Rechtliche Beurteilung
[10] Aufgrund ihres inhaltlichen Zusammenhangs werden beide Rechtsmittel gemeinsam behandelt.
1. Zum behaupteten Verfahrensmangel:
[11] 1.1. Nach ständiger Rechtsprechung begründet nur die Teilnahme eines erfolgreich abgelehnten Richters an der Entscheidung deren Mangelhaftigkeit im Sinn des § 58 Abs 4 Z 1 AußStrG (RS0007462 [T2 zum AußStrG]). Solange keine Entscheidung über eine Ablehnung erfolgt ist, liegt dieser Aufhebungsgrund nicht vor (RS0042046 [T1; T4 zum AußStrG]). Nur eine berechtigte Ablehnung könnte also eine davon betroffene Entscheidung nichtig – oder im Außerstreitverfahren aufhebbar – machen (RS0046044). Im vorliegenden Fall legte der Rekurssenat im Verfahren über die Ablehnung der Erstrichterin unter Hinweis auf die zu RS0125478 ergangene Rechtsprechung (vgl auch RS0046015) dar, dass die gänzlich unbegründete (neuerliche) Ablehnung der Erstrichterin durch die Antragstellerin nur zum Zweck der Verfahrensverzögerung und somit rechtsmissbräuchlich erfolgt sei. Die Revisionsrekurswerber, die dieser inhaltlichen Beurteilung nicht entgegentreten, können somit auf keine erfolgreiche Ablehnung der Erstrichterin verweisen. Der (gemäß § 66 Abs 1 Z 1 AußStrG auch in dritter Instanz wahrnehmbare) Verfahrensmangel des § 58 Abs 4 Z 1 AußStrG liegt daher nicht vor (1 Ob 94/15b).
[12] 1.2. Dies ist auch dem Argument (nur) des nunmehrigen Eigentümers des notleidenden Grundstücks entgegenzuhalten, der davon ausgeht, dass auch der Vorsitzende des Rekurssenats befangen sei, weil die Antragstellerin gegen diesen eine Strafanzeige erstattet habe.

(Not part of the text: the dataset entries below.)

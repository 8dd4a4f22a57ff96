-- ===== src/Machine.antt =====
-- core/machine.py: thresholds, hysteresis, backoff, jitter and the time to live of a result.
-- A clock reading and a draw of the random generator are arguments of the operation that makes
-- them. Jitter, its draw and the backoff multiplier are counted in thousandths, and a product that
-- is no whole number of microseconds is rounded down. `none` stands for a `KeyError`. What an
-- operation does to one check is in Machine/Check.antt; here it is applied to the two dicts.
pub mod Check
pub mod Registry
pub mod Operations
pub mod Schedule
pub mod Hysteresis
pub mod Backoff
pub mod Freshness
pub mod Invariant
pub mod Runs
pub mod Examples
use health_mon.Common.{
  ℕ, String, Bool, false, not, Option, some, List, [], ◌∷◌, filter, if◌then◌else◌, ◌>>=◌,
}
use health_mon.Common.Dict.{Dict, lookup, insert, set_default, values}
use health_mon.Model.{Status, CheckResult}
use Check.{
  CheckSpec, CheckState, new_state, apply_check, mark_check_unknown, enable_check, check_interval,
  check_effective, check_due, check_breaker_open,
}

pub record StateMachine : Type 0 where
  pub specs : Dict CheckSpec
  pub states : Dict CheckState

-- StateMachine.add
unfoldable pub add : StateMachine → CheckSpec → StateMachine
add m spec = record {
  specs = insert spec.name spec m.specs;
  states = set_default spec.name new_state m.states;
}

add_all : StateMachine → List CheckSpec → StateMachine
add_all m [] = m
add_all m (spec ∷ rest) = add_all (add m spec) rest

-- StateMachine.__init__: the two comprehensions write the same keys in the same order.
unfoldable pub new_machine : List CheckSpec → StateMachine
unfolding add_all
new_machine specs = add_all (record { specs = []; states = [] }) specs

unfoldable pub spec : StateMachine → String → Option CheckSpec
spec m name = lookup name m.specs

unfoldable pub state : StateMachine → String → Option CheckState
state m name = lookup name m.states

abbrev pub is_enabled : CheckSpec → Bool
is_enabled s = s.enabled

unfoldable pub enabled_specs : StateMachine → List CheckSpec
enabled_specs m = filter is_enabled (values m.specs)

-- An operation on the state of one check, given its settings.
abbrev pub update_state :
    (CheckSpec → CheckState → CheckState) → StateMachine → String → Option StateMachine
update_state f m name = do
  spec ← lookup name m.specs
  st ← lookup name m.states
  some (record m { states = insert name (f spec st) m.states })

unfoldable pub apply : StateMachine → String → CheckResult → ℕ → ℕ → Option StateMachine
apply m name result now draw = update_state (λ spec st. apply_check spec st result now draw) m name

unfoldable pub mark_unknown : StateMachine → String → ℕ → ℕ → Option StateMachine
mark_unknown m name now draw = update_state (λ spec st. mark_check_unknown spec st now draw) m name

unfoldable pub set_enabled : StateMachine → String → Bool → ℕ → Option StateMachine
set_enabled m name enabled now = do
  spec ← lookup name m.specs
  st ← lookup name m.states
  some (record {
    specs = insert name (record spec { enabled = enabled }) m.specs;
    states = insert name (enable_check enabled st now) m.states;
  })

abbrev pub read_check {ℓ} :
    {A : Type ℓ} → (CheckSpec → CheckState → A) → StateMachine → String → Option A
read_check f m name = do spec ← lookup name m.specs; st ← lookup name m.states; some (f spec st)

unfoldable pub effective : StateMachine → String → ℕ → Option Status
effective m name now = read_check (λ spec st. check_effective spec st now) m name

unfoldable pub next_interval : StateMachine → String → Option ℕ
next_interval m name = read_check check_interval m name

unfoldable pub due : StateMachine → String → ℕ → Option Bool
due m name now = do
  spec ← lookup name m.specs
  if not spec.enabled
      then some false
      else do st ← lookup name m.states; some (check_due spec st now)

unfoldable pub breaker_open : StateMachine → String → Option Bool
breaker_open m name = read_check check_breaker_open m name

unfoldable pub transitions : StateMachine → String → Option ℕ
transitions m name = do st ← lookup name m.states; some st.transitions
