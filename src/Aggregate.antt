-- ===== src/Aggregate.antt =====
-- core/aggregate.py: the worker's verdict over all enabled checks, the end of the boot grace, and
-- the reasons that go with a verdict. `none` stands for a `KeyError` of the state machine.
pub mod Views
pub mod Verdict
pub mod Worker
pub mod Reasons
mod Examples
use health_mon.Common.{
  ℕ, String, Bool, true, false, not, ◌&&◌, Option, none, some, List, [], ◌∷◌, ◌++◌, append, ltb,
  filter, all, is_empty, is_some, if◌then◌else◌, ◌>>=◌,
}
use health_mon.Model.{
  Status, Readiness, Liveness, ErrorCategory, same_status, same_liveness, severity,
  readiness_from_status, category_value,
}
use health_mon.Machine.{StateMachine, enabled_specs, effective, state}
use health_mon.Machine.Check.{CheckSpec, CheckState}

-- A check and the status it reports: an entry of the dict `effective` of `aggregate`.
abbrev pub View : Type 0
View = CheckSpec × Status

unfoldable pub views_of : StateMachine → ℕ → List CheckSpec → Option (List View)
views_of m now [] = some []
views_of m now (s ∷ rest) = do
  v ← effective m s.name now
  others ← views_of m now rest
  some ((s, v) ∷ others)

abbrev pub is_critical : View → Bool
is_critical v = v.0.critical

abbrev pub is_ok : Status → Bool
is_ok v = same_status v Status.ok

abbrev pub view_ok : View → Bool
view_ok v = is_ok v.1

-- What a reported status counts as in the aggregate.
unfoldable pub demote : CheckSpec → Status → Status
demote spec v =
    let v1 = if same_status v Status.starting then Status.degraded else v in
    let v2 = if same_status v1 Status.failing && not spec.critical then Status.degraded else v1 in
    if same_status v2 Status.unknown
    then (if spec.critical then Status.failing else Status.degraded)
    else v2

-- The loop over the checks, from the worst status so far.
unfoldable pub worst_of : Status → List View → Status
unfolding demote severity
worst_of worst [] = worst
worst_of worst ((spec, v) ∷ rest) =
    let w = demote spec v in
    worst_of
      (if same_status v Status.disabled
        then worst
        else if ltb (severity worst) (severity w)
        then w
        else worst)
      rest

-- The boot grace holds the verdict while its deadline is ahead and a critical check is not OK.
unfoldable pub is_booting : Option ℕ → ℕ → List View → Bool
is_booting none now views = false
is_booting (some deadline) now views =
    let criticals = filter is_critical views in
    ltb now deadline && not (is_empty criticals) && not (all view_ok criticals)

unfoldable pub aggregate : StateMachine → ℕ → Option ℕ → Option Status
aggregate m now deadline =
    let specs = enabled_specs m in
    if is_empty specs then some Status.ok else do
      views ← views_of m now specs
      some (if is_booting deadline now views then Status.starting else worst_of Status.ok views)

-- The loop of `boot_complete`, which returns at the first critical check that was never OK.
unfoldable pub booted : StateMachine → List CheckSpec → Option Bool
booted m [] = some true
booted m (s ∷ rest) =
    let others = booted m rest in
    if not s.critical
    then others
    else do st ← state m s.name; if is_some st.last_ok_at then others else some false

unfoldable pub boot_complete : StateMachine → Option Bool
unfolding booted
boot_complete m = booted m (enabled_specs m)

unfoldable pub readiness : Status → Liveness → Readiness
unfolding readiness_from_status
readiness status liveness =
    if same_liveness liveness Liveness.unalive
    then Readiness.unready
    else readiness_from_status status

category_of : CheckState → String
unfolding category_value
category_of st = elim st.last_result [
  | none ↦ "unknown"
  | some r ↦ elim r.category [ none ↦ "unknown" | some c ↦ category_value c ]
]

kind_of : CheckSpec → String
kind_of spec = if spec.critical then "critical" else "non-critical"

-- The reasons of one check: a line, or nothing.
unfoldable pub reason_of : CheckSpec → Status → CheckState → List String
unfolding category_of kind_of
reason_of spec Status.failing st =
    append (kind_of spec)
      (append " check " (append spec.name (append " is failing (" (append (category_of st) ")"))))
    ∷ []
reason_of spec Status.degraded st =
    append "check " (append spec.name (append " is degraded (" (append (category_of st) ")"))) ∷ []
reason_of spec Status.unknown st =
    append (kind_of spec) (
      append " check " (
        append spec.name (
          if is_some st.last_result
          then " has no current measurement (result older than its ttl)"
          else " has not completed its first evaluation")))
    ∷ []
reason_of spec _ st = []

unfoldable pub check_reasons : StateMachine → ℕ → List CheckSpec → Option (List String)
unfolding reason_of
check_reasons m now [] = some []
check_reasons m now (s ∷ rest) = do
  v ← effective m s.name now
  st ← state m s.name
  others ← check_reasons m now rest
  some (reason_of s v st ++ others)

unfoldable pub reasons : StateMachine → Liveness → ℕ → Option (List String)
unfolding check_reasons
reasons m liveness now = do
  lines ← check_reasons m now (enabled_specs m)
  some (
      (if same_liveness liveness Liveness.unalive
        then "event loop lag above threshold" ∷ []
        else [])
      ++ lines)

[13] 2. Auch mit ihrer Rechtsrüge zeigen die Revisionsrekurse keine erhebliche Rechtsfrage auf:
[14] 2.1. Gemäß § 18 NWG ist die durch den (im Verfahren über die Einräumung des Notwegs und die Zuerkennung einer Entschädigung ergangenen) Beschluss des Gerichts geschaffene Rechtslage auch für die Rechtsnachfolger der darin genannten Parteien verbindlich. Nach § 19 NWG steht der grundbücherlichen Eintragung eines Notwegs sowie eines Pfandrechts für die vom Gericht bestimmte Entschädigung ein mittlerweile eingetretener Wechsel im Eigentum der betroffenen Liegenschaft nicht entgegen. Dies muss auch für den hier zu beurteilenden Fall gelten, dass ein solcher Wechsel in der Eigentümerstellung nach der erstinstanzlichen Entscheidung über die grundbücherliche Eintragung des Notwegs sowie der Pfandrechte für die Entschädigungsforderungen und vor Entscheidung des Rekursgerichts über ein dagegen erhobenes Rechtsmittel erfolgte.

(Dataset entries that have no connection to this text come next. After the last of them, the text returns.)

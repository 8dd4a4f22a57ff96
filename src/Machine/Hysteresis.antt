-- ===== src/Machine/Hysteresis.antt =====
-- When `StateMachine.apply` lets the effective status of a check change, over any history of the
-- writes to the check.
use health_mon.Common.{
  ℕ, suc, ◌+◌, ◌≤◌, ◌<◌, min, ◌≡◌, ◌≢◌, refl, ◌↔◌, ◌⊎◌, Bool, true, false, List, [], ◌∷◌, arith,
  leb, if◌then◌else◌,
}
use health_mon.Model.{Status, CheckResult}
use health_mon.Machine.Check.{
  CheckSpec, CheckState, new_state, apply_check, mark_check_unknown, enable_check, backoff_limit,
}

-- One call of `apply`: the result, the clock reading and the draw.
pub record Sample : Type 0 where
  pub result : CheckResult
  pub now : ℕ
  pub draw : ℕ

-- A write to the state of a check: `apply`, `mark_unknown` or `set_enabled`.
pub data Write : Type 0 where
  taken : Sample → Write
  marked : ℕ → ℕ → Write
  switched : Bool → ℕ → Write

unfoldable pub write : CheckSpec → Write → CheckState → CheckState
write spec (taken x) st = apply_check spec st x.result x.now x.draw
write spec (marked now draw) st = mark_check_unknown spec st now draw
write spec (switched enabled now) st = enable_check enabled st now

-- The state of a check after a history of writes, the newest first. `enabled` is the one setting
-- that a write changes, and no write reads it.
abbrev pub after : CheckSpec → List Write → CheckState
after spec [] = new_state
after spec (w ∷ older) = write spec w (after spec older)

-- How many failures were seen since the last result that was OK or degraded, and since the check was
-- last switched on.
abbrev pub count_failure : Status → ℕ → ℕ
count_failure Status.failing n = suc n
count_failure Status.ok n = 0
count_failure Status.degraded n = 0
count_failure _ n = n

abbrev pub failures : List Write → ℕ
failures [] = 0
failures (taken x ∷ older) = count_failure x.result.status (failures older)
failures (marked _ _ ∷ older) = failures older
failures (switched true _ ∷ older) = 0
failures (switched false _ ∷ older) = failures older

-- How many successes stand at the end of the history with no other result and no `mark_unknown`
-- between them.
abbrev pub count_success : Status → ℕ → ℕ
count_success Status.ok n = suc n
count_success _ n = 0

abbrev pub successes : List Write → ℕ
successes [] = 0
successes (taken x ∷ older) = count_success x.result.status (successes older)
successes (marked _ _ ∷ older) = 0
successes (switched _ _ ∷ older) = successes older

apply_check_counts :
    (spec : CheckSpec) (st : CheckState) (r : CheckResult) (now draw : ℕ)
    → ((apply_check spec st r now draw).consecutive_fail
        ≡ count_failure r.status st.consecutive_fail)
      × ((apply_check spec st r now draw).consecutive_ok ≡ count_success r.status st.consecutive_ok)
unfolding apply_check
apply_check_counts spec st r now draw = ground arith

mark_check_counts :
    (spec : CheckSpec) (st : CheckState) (now draw : ℕ)
    → let st' = mark_check_unknown spec st now draw in
      (st'.consecutive_fail ≡ st.consecutive_fail)
      × (st'.consecutive_ok ≡ 0)
      × (st'.backoff_step ≡ st.backoff_step)
unfolding mark_check_unknown
mark_check_counts spec st now draw = (ground arith, ground arith, ground arith)

counters_of_history :
    (spec : CheckSpec) (history : List Write)
    → ((after spec history).consecutive_fail ≡ failures history)
      × ((after spec history).consecutive_ok ≡ successes history)
unfolding write enable_check
counters_of_history spec [] = (refl, refl)
counters_of_history spec (taken x ∷ older) =
    let (fails, oks) = apply_check_counts spec (after spec older) x.result x.now x.draw in
    let (fails', oks') = counters_of_history spec older in (cc (fails, fails'), cc (oks, oks'))
counters_of_history spec (marked now draw ∷ older) =
    let (fails, oks, _) = mark_check_counts spec (after spec older) now draw in
    let (fails', oks') = counters_of_history spec older in (cc (fails, fails'), oks)
counters_of_history spec (switched true now ∷ older) = (refl, (counters_of_history spec older).1)
counters_of_history spec (switched false now ∷ older) = counters_of_history spec older

apply_check_fails :
    (spec : CheckSpec) (st : CheckState) (r : CheckResult) (now draw : ℕ)
    → st.effective ≢ Status.failing
    → ((apply_check spec st r now draw).effective ≡ Status.failing)
      ↔ ((r.status ≡ Status.failing) × (spec.failure_threshold ≤ suc st.consecutive_fail))
unfolding apply_check
apply_check_fails spec st r now draw h = ground arith

apply_check_recovers :
    (spec : CheckSpec) (st : CheckState) (r : CheckResult) (now draw : ℕ)
    → (st.effective ≡ Status.failing) ⊎ (st.effective ≡ Status.degraded)
    → ((apply_check spec st r now draw).effective ≡ Status.ok)
      ↔ ((r.status ≡ Status.ok) × (spec.success_threshold ≤ suc st.consecutive_ok))
unfolding apply_check
apply_check_recovers spec st r now draw h = ground arith

-- After any history of `apply`, `mark_unknown` and `set_enabled` on a check that begins with its
-- registration: if its effective status is not failing, the next result makes it failing exactly
-- when that result fails and completes `failure_threshold` failures since the last result that
-- was OK or degraded and since the check was last switched on.
pub confirmed_failure :
    (spec : CheckSpec) (older : List Write) (x : Sample)
    → (after spec older).effective ≢ Status.failing
    → ((after spec (taken x ∷ older)).effective ≡ Status.failing)
      ↔ ((x.result.status ≡ Status.failing) × (spec.failure_threshold ≤ failures (taken x ∷ older)))
unfolding write
confirmed_failure spec older x h =
    let (fails, _) = counters_of_history spec older in
    ground (arith, apply_check_fails spec (after spec older) x.result x.now x.draw h)

-- After any history of `apply`, `mark_unknown` and `set_enabled` on a check that begins with its
-- registration: if its effective status is failing or degraded, the next result makes it OK
-- exactly when that result is OK and completes `success_threshold` OK results with no other
-- result and no `mark_unknown` between them.
pub confirmed_recovery :
    (spec : CheckSpec) (older : List Write) (x : Sample)
    → ((after spec older).effective ≡ Status.failing)
      ⊎ ((after spec older).effective ≡ Status.degraded)
    → ((after spec (taken x ∷ older)).effective ≡ Status.ok)
      ↔ ((x.result.status ≡ Status.ok) × (spec.success_threshold ≤ successes (taken x ∷ older)))
unfolding write
confirmed_recovery spec older x h =
    let (_, oks) = counters_of_history spec older in
    ground (arith, apply_check_recovers spec (after spec older) x.result x.now x.draw h)

-- The step of the backoff ladder that a history leads to: a success or a switch to on goes back to
-- the foot of the ladder, and each result by which the failures stand at the threshold or above
-- climbs one step.
abbrev pub climb : ℕ → Status → ℕ → ℕ → ℕ
climb threshold Status.ok fails step = 0
climb threshold Status.degraded fails step = step
climb threshold _ fails step = if leb threshold fails then min (step + 1) backoff_limit else step

abbrev pub ladder_step_of : ℕ → List Write → ℕ
ladder_step_of threshold [] = 0
ladder_step_of threshold (taken x ∷ older) =
    climb threshold x.result.status (failures (taken x ∷ older)) (ladder_step_of threshold older)
ladder_step_of threshold (marked _ _ ∷ older) = ladder_step_of threshold older
ladder_step_of threshold (switched true _ ∷ older) = 0
ladder_step_of threshold (switched false _ ∷ older) = ladder_step_of threshold older

apply_check_climbs :
    (spec : CheckSpec) (st : CheckState) (r : CheckResult) (now draw : ℕ)
    → 0 < spec.failure_threshold
    → (apply_check spec st r now draw).backoff_step
      ≡ climb spec.failure_threshold r.status
          (count_failure r.status st.consecutive_fail)
          st.backoff_step
unfolding apply_check
apply_check_climbs spec st r now draw h = ground arith

-- With a positive failure threshold the backoff step after any history is the step of that
-- description: a success resets it at once, a degraded result leaves it where it is.
pub backoff_of_history :
    (spec : CheckSpec) (history : List Write)
    → 0 < spec.failure_threshold
    → (after spec history).backoff_step ≡ ladder_step_of spec.failure_threshold history
unfolding write enable_check
backoff_of_history spec [] h = refl
backoff_of_history spec (taken x ∷ older) h =
    let (fails, _) = counters_of_history spec older in
    rw (
      apply_check_climbs spec (after spec older) x.result x.now x.draw h,
      fails,
      backoff_of_history spec older h,
    )
backoff_of_history spec (marked now draw ∷ older) h =
    cc ((mark_check_counts spec (after spec older) now draw).2, backoff_of_history spec older h)
backoff_of_history spec (switched true now ∷ older) h = refl
backoff_of_history spec (switched false now ∷ older) h = backoff_of_history spec older h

[15] 2.2. Die Beurteilung des Rekursgerichts, dass die – nach Entscheidung erster Instanz über die Verbücherung des Notwegs und der für die Entschädigungsforderung bestehenden Pfandrechte – erfolgte Übertragung des Eigentums am notleidenden Grundstück unbeachtlich sei und einer meritorischen Entscheidung über den Rekurs nicht entgegenstehe, entspricht dieser klaren Rechtslage (vgl RS0042656).

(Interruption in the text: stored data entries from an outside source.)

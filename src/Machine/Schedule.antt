-- ===== src/Machine/Schedule.antt =====
-- When a check runs next (core/machine.py, `_schedule` and `next_interval`).
use native.Mathlib.Nat.{
  mul-add, mul-le-mul, mul-le-mul_left, le-div_iff_mul-le, div-mul-le_self, pow-suc, pow-zero,
  one-le-pow, le_refl, le_trans,
}
use health_mon.Common.{ℕ, zero, suc, ◌+◌, ◌-◌, ◌*◌, ◌/◌, ◌^◌, ◌≤◌, ◌≡◌, sym, ap, ◌∙◌, arith}
use health_mon.Machine.Check.{CheckSpec, one, backoff_base, jittered}

split_spread : (base spread : ℕ) → spread ≤ one → base * (one - spread) + base * spread ≡ base * one
split_spread base spread h =
    sym (mul-add base (one - spread) spread) ∙ ap (λ (t : ℕ). base * t) (omega arith)

-- With a spread and a draw of at most 1, the jittered due time lies within the spread of the base
-- interval on both sides, up to the rounding of one microsecond.
pub jittered_bounds :
    (now base spread draw : ℕ)
    → spread ≤ one
    → draw ≤ one
    → (jittered now base spread draw * one ≤ now * one + base * (one + spread))
      × (now * one + base * (one - spread) ≤ jittered now base spread draw * one + one)
unfolding jittered
jittered_bounds now base spread draw s d =
    let low : base * spread * draw ≤ base * spread * one = mul-le-mul_left (base * spread) d in
    omega (arith, split_spread base spread s, low)

-- With a spread of at most the whole interval the next run is at most two intervals away.
pub jittered-le :
    (now base spread draw : ℕ)
    → spread ≤ one
    → draw ≤ one
    → jittered now base spread draw ≤ now + 2 * base
jittered-le now base spread draw s d =
    omega (arith, jittered_bounds now base spread draw s d, mul-le-mul_left base s)

abbrev ladder : ℕ → ℕ → ℕ → ℕ
ladder a m k = a * m ^ k / one ^ k

-- One more step does not lower the exponential part.
ladder_step : (a m k : ℕ) → one ≤ m → ladder a m k ≤ ladder a m (suc k)
ladder_step a m k h =
    rw (pow-suc m k, pow-suc one k)
      ((le-div_iff_mul-le (omega (arith, one-le-pow k one (omega arith)))).1
        (omega (arith, mul-le-mul (div-mul-le_self (a * m ^ k) (one ^ k)) h)))

ladder_mono : (a m i d j : ℕ) → one ≤ m → d + i ≡ j → ladder a m i ≤ ladder a m j
ladder_mono a m i zero j h e = let e' : i ≡ j = omega arith in rw e' (le_refl _)
ladder_mono a m i (suc d) zero h e = absurd (omega arith)
ladder_mono a m i (suc d) (suc j) h e =
    le_trans (ladder_mono a m i d j h (omega arith)) (ladder_step a m j h)

-- With a multiplier of at least 1 the interval between runs never shrinks as the backoff climbs.
pub backoff_base_mono :
    (spec : CheckSpec) (i j : ℕ)
    → one ≤ spec.backoff_multiplier
    → i ≤ j
    → backoff_base spec i ≤ backoff_base spec j
unfolding backoff_base
backoff_base_mono spec i j h le =
    let up : ladder spec.backoff_initial spec.backoff_multiplier (i - 1)
        ≤ ladder spec.backoff_initial spec.backoff_multiplier (j - 1) =
      ladder_mono _ _ (i - 1) (j - 1 - (i - 1)) (j - 1) h (omega arith) in
    omega arith

pub backoff_base-le : (spec : CheckSpec) (i : ℕ) → backoff_base spec i ≤ spec.backoff_max
unfolding backoff_base
backoff_base-le spec i = omega arith

-- The first step of the backoff waits for backoff_initial.
pub backoff_base-one :
    (spec : CheckSpec)
    → spec.backoff_initial ≤ spec.backoff_max
    → backoff_base spec 1 ≡ spec.backoff_initial
unfolding backoff_base
backoff_base-one spec h =
    let plain : spec.backoff_initial * spec.backoff_multiplier ^ (1 - 1) / one ^ (1 - 1)
        ≡ spec.backoff_initial * 1 / 1 =
      ap (λ (t : ℕ). spec.backoff_initial * t / 1) (pow-zero spec.backoff_multiplier) in
    omega (arith, plain)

[16] 2.3. Mit ihrer unsubstanziierten Behauptung, dass „nicht […] davon ausgegangen werden könne, dass sich die Wirkung der Ergebnisse dieses Verfahrens auch auf den Rechtsnachfolger erstrecke“ zeigen die Revisionsrekurswerber schon mangels Auseinandersetzung mit der (gegenteiligen) Gesetzeslage keine erhebliche Rechtsfrage auf. Soweit sie auf dem Standpunkt stehen, dass eine „beschlussmäßige Einbeziehung“ des Rechtsnachfolgers im Eigentum am notleidenden Grundstück in das Verfahren „unabdingbar“ sei, ist ihnen entgegenzuhalten, dass dessen nunmehriger Eigentümer dem Verfahren ohnehin als materielle Partei im Sinn des § 2 Abs 1 Z 3 AußStrG beigezogen wurde (vgl 1 Ob 90/24b).
[17] 3. Die Kostenentscheidung beruht auf § 25 Abs 1 NWG (vgl 7 Ob 319/99h). Da der Republik Österreich (Bund) als Eigentümerin ihres durch den Notweg belasteten Grundstücks in dritter Instanz jeweils nur die beiden Revisionsrekurswerbern gegenüberstanden, steht ihr für dieBeantwortungen von deren Rechtsmitteln nach § 15 Abs 1 RATG jeweils kein Streitgenossenzuschlag zu.